HILFEN: Wegen der Corona-Krise können Klein- und Kleinstunternehmen, Solo-Selbstständige und Freiberufler seit Mittwoch Soforthilfe beantragen. Bei Handwerksbetrieben ist der Bedarf hoch. Durch Absagen von Veranstaltungen, Schul- und Kita-Schließungen, Auftragsstornos, Produktionsunterbrechungen oder Quarantänemaßnahmen seien inzwischen alle Gewerke der mehr als 40 000 Betriebe von der Krise betroffen, berichtete der Handwerkskammertag auf dpa-Anfrage. "Am stärksten trifft es natürlich durch die verschärften Maßnahmen seit dem Wochenende die Friseure und Kosmetiker." In Brandenburg mussten demnach fast 4400 Friseur- und Kosmetikunternehmen schließen.

SCHUTZAUSRÜSTUNG: Bei Engpässen in der Versorgung mit Schutzausrüstung für Ärzte und Pflegekräfte sollte das Beschlagnahmen nach Ansicht des Hartmannbunds Brandenburg notfalls möglich werden. "Falls nicht schnellstens ausreichende Schutzausrüstung für Praxen und Krankenhäuser zur Verfügung gestellt werden kann, sollten Beschlagnahmungen und Sicherstellungen dieser Produkte aus dem Handel - Baumärkte, Großhandel, E-Commerce - kein Tabu mehr sein", forderte der Vorsitzende der Brandenburger Ärztevertretung, Hanjo Pohle.

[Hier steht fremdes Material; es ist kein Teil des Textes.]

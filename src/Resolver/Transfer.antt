-- ===== src/Resolver/Transfer.antt =====
-- `axfr` of app/dnscore/resolver.py.
pub mod Allowed
use nova_dns.Prelude.{
  ℕ, Bool, true, false, not, ◌&&◌, ◌||◌, Option, none, some, List, [], ◌∷◌, ◌++◌, map, ◌==◌,
  if◌then◌else◌, length,
}
use nova_dns.Text.{Text, text_eq, rstrip_dot, dot}
use nova_dns.Wire.Types.{codes}
use nova_dns.Wire.Rdata.{strip}
use nova_dns.Wire.Rdata.Encode.{split_at}
use nova_dns.Wire.Message.{ResourceRecord}
use nova_dns.Db.{Db, Zone, Row, select, select_one}
use nova_dns.Resolver.Host.{Host}
use nova_dns.Resolver.Clients.{has_char}
use nova_dns.Resolver.Zones.{synth_soa_rr, row_to_rr}

-- `(records, error)`
pub data Transfer : Type 0 where
  refused : Transfer
  not_found : Transfer
  records : List ResourceRecord → Transfer

module _ (host : Host) where
  -- the loop over the entries; a ValueError leaves it, with nothing allowed
  unfoldable pub transfer_allowed : Text → List Text → Bool
  unfolding has_char text_eq
  transfer_allowed client_ip [] = false
  transfer_allowed client_ip (e ∷ es) =
      let entry = strip e in
      let rest = transfer_allowed client_ip es in
      let tested : Bool =
        elim (if has_char 47 entry then host.in_network client_ip entry else some false) [
          | none ↦ false
          | some true ↦ true
          | some false ↦ text_eq client_ip entry || rest
        ] in
      if text_eq entry [] then rest else tested

  unfoldable pub owner_name : Text → Text → Text
  unfolding text_eq
  owner_name zone_fqdn name =
      if text_eq name (codes "@") then zone_fqdn else name ++ dot ∷ zone_fqdn

  -- the records of the zone's rows, but for an SOA at the apex
  unfoldable pub other_records : Db → Zone → List ResourceRecord
  unfolding select text_eq owner_name row_to_rr rstrip_dot
  other_records db zone =
      map (λ r. row_to_rr (owner_name (rstrip_dot zone.name ++ dot ∷ []) r.name) r zone.default_ttl)
        (select
          (λ r.
            r.zone_id == zone.id
            && not (text_eq r.name (codes "@") && text_eq r.rtype (codes "SOA")))
          db.records)

  -- the zone's records, between two copies of its SOA
  unfoldable pub zone_records : Db → Zone → List ResourceRecord
  unfolding other_records synth_soa_rr
  zone_records db zone = synth_soa_rr zone ∷ (other_records db zone ++ synth_soa_rr zone ∷ [])

  -- `raw_acl` is the setting "axfr_allowed_clients"
  unfoldable pub axfr : Db → Text → Text → Text → Transfer
  unfolding transfer_allowed zone_records select_one split_at text_eq rstrip_dot
  axfr db raw_acl zone_name client_ip =
      if text_eq (strip raw_acl) []
      then refused
      else if not (host.is_address client_ip && transfer_allowed client_ip (split_at 44 [] raw_acl))
      then refused
      else elim (select_one (λ z. text_eq z.name (rstrip_dot zone_name)) db.zones) [
        | none ↦ not_found
        | some z ↦ records (zone_records db z)
      ]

ABZOCKE: Die Verbraucherzentrale Brandenburg warnte vor überteuerten Angeboten im Internet. Verbraucher berichteten, dass es auf Portalen wie Ebay immer mehr derzeit heiß gehandelte Waren wie Toilettenpapier und Hefe zu dreisten Preisen gebe. "Melden Sie diese Angebote beim Plattformbetreiber und lassen Sie die Finger davon!", rieten die Verbraucherschützer.

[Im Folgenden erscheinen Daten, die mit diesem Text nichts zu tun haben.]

-- ===== src/Resolver/Transfer/Allowed.antt =====
-- To whom `axfr` of app/dnscore/resolver.py gives a zone, and in which order.
use nova_dns.Prelude.{
  ◌≡◌, Bool, true, false, some, List, [], ◌∷◌, ◌++◌, inl, inr, Bool-cases, Option-cases, IsIn,
  arith, sym, subst, false, ◌↔◌, if◌then◌else◌, ◌||◌, Option, none, refl, map, ◌≢◌, ◌⊎◌, ◌&&◌, not,
  ◌==◌,
}
use nova_dns.Text.{Text, text_eq, rstrip_dot, dot}
use nova_dns.Text.Split.{text_eq_iff}
use nova_dns.Wire.Types.{codes}
use nova_dns.Wire.Rdata.{strip}
use nova_dns.Wire.Rdata.Encode.{split_at}
use nova_dns.Wire.Message.{ResourceRecord}
use nova_dns.Db.{Db, Zone, Row, select, select_one}
use nova_dns.Resolver.Host.{Host}
use nova_dns.Resolver.Zones.{synth_soa_rr, row_to_rr}
use nova_dns.Resolver.Clients.{has_char}
use nova_dns.Resolver.Transfer.{
  records, axfr, transfer_allowed, zone_records, other_records, owner_name,
}
use nova_dns.Db.Finding.{select_one-IsIn, IsIn-map-of, IsIn-map, IsIn-select-of, IsIn-select}

-- Some entry of the list, which is not blank, is the client's address or a network that has it.
abbrev pub HasClient : Host → Text → List Text → Type 0
HasClient host ip entries =
    (entry : Text) × IsIn entry entries
    × (strip entry ≢ [])
    × ((ip ≡ strip entry)
        ⊎ (has_char 47 (strip entry) ≡ true) × (host.in_network ip (strip entry) ≡ some true))

-- what the test of an entry comes to, given whether a network has the client
verdict :
    (tried : Option Bool) (own rest : Bool)
    → elim tried [ none ↦ false | some true ↦ true | some false ↦ own || rest ] ≡ true
    → (tried ≡ some true) ⊎ (own ≡ true) ⊎ (rest ≡ true)
verdict none own rest h = cc
verdict (some true) own rest h = inl refl
verdict (some false) true rest h = inr (inl refl)
verdict (some false) false rest h = inr (inr h)

HasClient-of :
    (host : Host) (ip : Text) (entries : List Text)
    → transfer_allowed host ip entries ≡ true
    → HasClient host ip entries
unfolding transfer_allowed
HasClient-of host ip [] h = cc
HasClient-of host ip (e ∷ es) h = elim (Bool-cases (text_eq (strip e) [])) [
  | inl blank ↦ later (HasClient-of host ip es (rw (blank, transfer_allowed) at h))
  | inr given ↦
      let full : strip e ≢ [] = λ none_left. cc ((text_eq_iff (strip e) []).1 none_left) in
      elim (verdict (if has_char 47 (strip e) then host.in_network ip (strip e) else some false)
        (text_eq ip (strip e)) (transfer_allowed host ip es) (rw (given, transfer_allowed) at h)) [
          | inl network ↦ (e, inl refl, full, inr (in_network e network))
          | inr (inl own) ↦ (e, inl refl, full, inl ((text_eq_iff ip (strip e)).0 own))
          | inr (inr rest) ↦ later (HasClient-of host ip es rest)
        ]
]
  where
    later : HasClient host ip es → HasClient host ip (e ∷ es)
    later (entry, at, filled, has) = (entry, inr at, filled, has)

    in_network :
        (x : Text)
        → (if has_char 47 (strip x) then host.in_network ip (strip x) else some false) ≡ some true
        → (has_char 47 (strip x) ≡ true) × (host.in_network ip (strip x) ≡ some true)
    in_network x h = elim (Bool-cases (has_char 47 (strip x))) [
      | inl net ↦ (net, rw net at h)
      | inr plain ↦ let no : some false ≡ some true = rw plain at h in cc
    ]

-- Row `row` of the zone is the record `rr` of its transfer: at the zone's own name for "@", else
-- below it. An SOA row at the zone's name is left out.
abbrev pub IsRecordOf : Db → Zone → ResourceRecord → Type 0
IsRecordOf db zone rr =
    (row : Row) × IsIn row db.records
    × (row.zone_id ≡ zone.id)
    × ((row.name ≡ codes "@")
          × (text_eq row.rtype (codes "SOA") ≡ false)
          × (rr ≡ row_to_rr (rstrip_dot zone.name ++ dot ∷ []) row zone.default_ttl)
        ⊎ (row.name ≢ codes "@")
          × (rr
              ≡ row_to_rr (row.name ++ dot ∷ (rstrip_dot zone.name ++ dot ∷ [])) row
                  zone.default_ttl))

module _ (host : Host) (db : Db) (zone : Zone) where
  abbrev base : Text
  base = rstrip_dot zone.name ++ dot ∷ []

  -- the row is of the zone, and no SOA at its name
  abbrev is_kept : Row → Bool
  is_kept row =
      row.zone_id == zone.id
      && not (text_eq row.name (codes "@") && text_eq row.rtype (codes "SOA"))

  abbrev record_of : Row → ResourceRecord
  record_of row = row_to_rr (owner_name host base row.name) row zone.default_ttl

  record_of-IsRecordOf :
      (row : Row) → IsIn row db.records → is_kept row ≡ true → IsRecordOf db zone (record_of row)
  unfolding owner_name
  record_of-IsRecordOf row at kept = elim (Bool-cases (text_eq row.name (codes "@"))) [
    | inl apex ↦ (
      row,
      at,
      ground arith,
      inl ((text_eq_iff row.name (codes "@")).0 apex, ground arith, rw (apex, owner_name) refl),
    )
    | inr below ↦ (
      row,
      at,
      ground arith,
      inr ((λ e. cc ((text_eq_iff row.name (codes "@")).1 e)), rw (below, owner_name) refl),
    )
  ]

  IsRecordOf-of :
      (rr : ResourceRecord) → IsIn rr (other_records host db zone) → IsRecordOf db zone rr
  unfolding other_records
  IsRecordOf-of rr i =
      let (row, at, e) = IsIn-map-of record_of (select is_kept db.records) rr i in
      let (there, kept) = IsIn-select-of is_kept db.records row at in
      subst (λ q. IsRecordOf db zone q) (sym e) (record_of-IsRecordOf row there kept)

  of-IsRecordOf :
      (rr : ResourceRecord) → IsRecordOf db zone rr → IsIn rr (other_records host db zone)
  unfolding other_records owner_name
  of-IsRecordOf rr (row, at, of_zone, inl (apex, other, e)) =
      let named : text_eq row.name (codes "@") ≡ true = (text_eq_iff row.name (codes "@")).1 apex in
      let kept : is_kept row ≡ true = ground arith in
      let same : record_of row ≡ rr = rw (named, owner_name) (sym e) in
      subst (λ q. IsIn q (map record_of (select is_kept db.records))) same
        (IsIn-map record_of _ row (IsIn-select is_kept db.records row at kept))
  of-IsRecordOf rr (row, at, of_zone, inr (below, e)) =
      elim (Bool-cases (text_eq row.name (codes "@"))) [
        | inl apex ↦ absurd (below ((text_eq_iff row.name (codes "@")).0 apex))
        | inr named ↦
            let kept : is_kept row ≡ true = ground arith in
            let same : record_of row ≡ rr = rw (named, owner_name) (sym e) in
            subst (λ q. IsIn q (map record_of (select is_kept db.records))) same
              (IsIn-map record_of _ row (IsIn-select is_kept db.records row at kept))
      ]

-- The transfer of a zone of the name that was asked for: its SOA first and last, and between them
-- the records of its rows, all of them and no others.
pub record IsTransferOf (db : Db) (name : Text) (rrs : List ResourceRecord) : Type 0 where
  pub zone : Zone
  pub listed : IsIn zone db.zones
  pub named : zone.name ≡ rstrip_dot name
  pub others : List ResourceRecord
  pub framed : rrs ≡ synth_soa_rr zone ∷ (others ++ synth_soa_rr zone ∷ [])
  pub complete : (rr : ResourceRecord) → IsIn rr others ↔ IsRecordOf db zone rr

module _ (host : Host) (db : Db) (raw name ip : Text) where
  -- Records are transferred only where the setting is not blank and some entry of it is the client's
  -- address or a network that has it. They are then those of a zone that is named like this: its SOA
  -- first and last, and between them exactly the records of its rows, without those of another zone
  -- and without an SOA row at its own name.
  pub axfr-Allowed :
      (rrs : List ResourceRecord)
      → axfr host db raw name ip ≡ records rrs
      → (strip raw ≢ [])
        × (host.is_address ip ≡ true)
        × HasClient host ip (split_at 44 [] raw)
        × IsTransferOf db name rrs
  unfolding axfr zone_records
  axfr-Allowed rrs h =
      elim (Option-cases (select_one (λ z. text_eq z.name (rstrip_dot name)) db.zones)) [
        | inl gone ↦ ground arith
        | inr (z, there) ↦
            let found = select_one-IsIn (λ z. text_eq z.name (rstrip_dot name)) db.zones there in
            let same : records (zone_records host db z) ≡ records rrs = ground arith in
            let set : text_eq (strip raw) [] ≡ false = ground arith in
            let allowed : transfer_allowed host ip (split_at 44 [] raw) ≡ true = ground arith in
            (
              (λ e. cc ((text_eq_iff (strip raw) []).1 e)),
              ground arith,
              HasClient-of host ip (split_at 44 [] raw) allowed,
              record {
                zone = z;
                listed = found.0;
                named = (text_eq_iff z.name (rstrip_dot name)).0 found.1;
                others = other_records host db z;
                framed = cc;
                complete = λ rr. (IsRecordOf-of host db z rr, of-IsRecordOf host db z rr);
              },
            )
      ]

LANDTAG: Der Landtag will wegen der Corona-Krise notfalls auch nur mit rund einem Viertel seiner Abgeordneten weiterarbeiten können. Das Parlament solle auch mit mindestens 23 der 88 Abgeordneten Beschlüsse fassen können, heißt es in einer Empfehlung an den Landtag, für die sich der Hauptausschuss mit großer Mehrheit aussprach. Das Präsidium soll den Fall einer Notlage feststellen. Der Landtag ist derzeit mit mindestens 45 Abgeordneten beschlussfähig. Die neue Mindestbegrenzung soll bis Ende Juni gelten. Bisher ist noch kein Fall bekannt, dass ein Abgeordneter positiv auf das Coronavirus getestet wurde.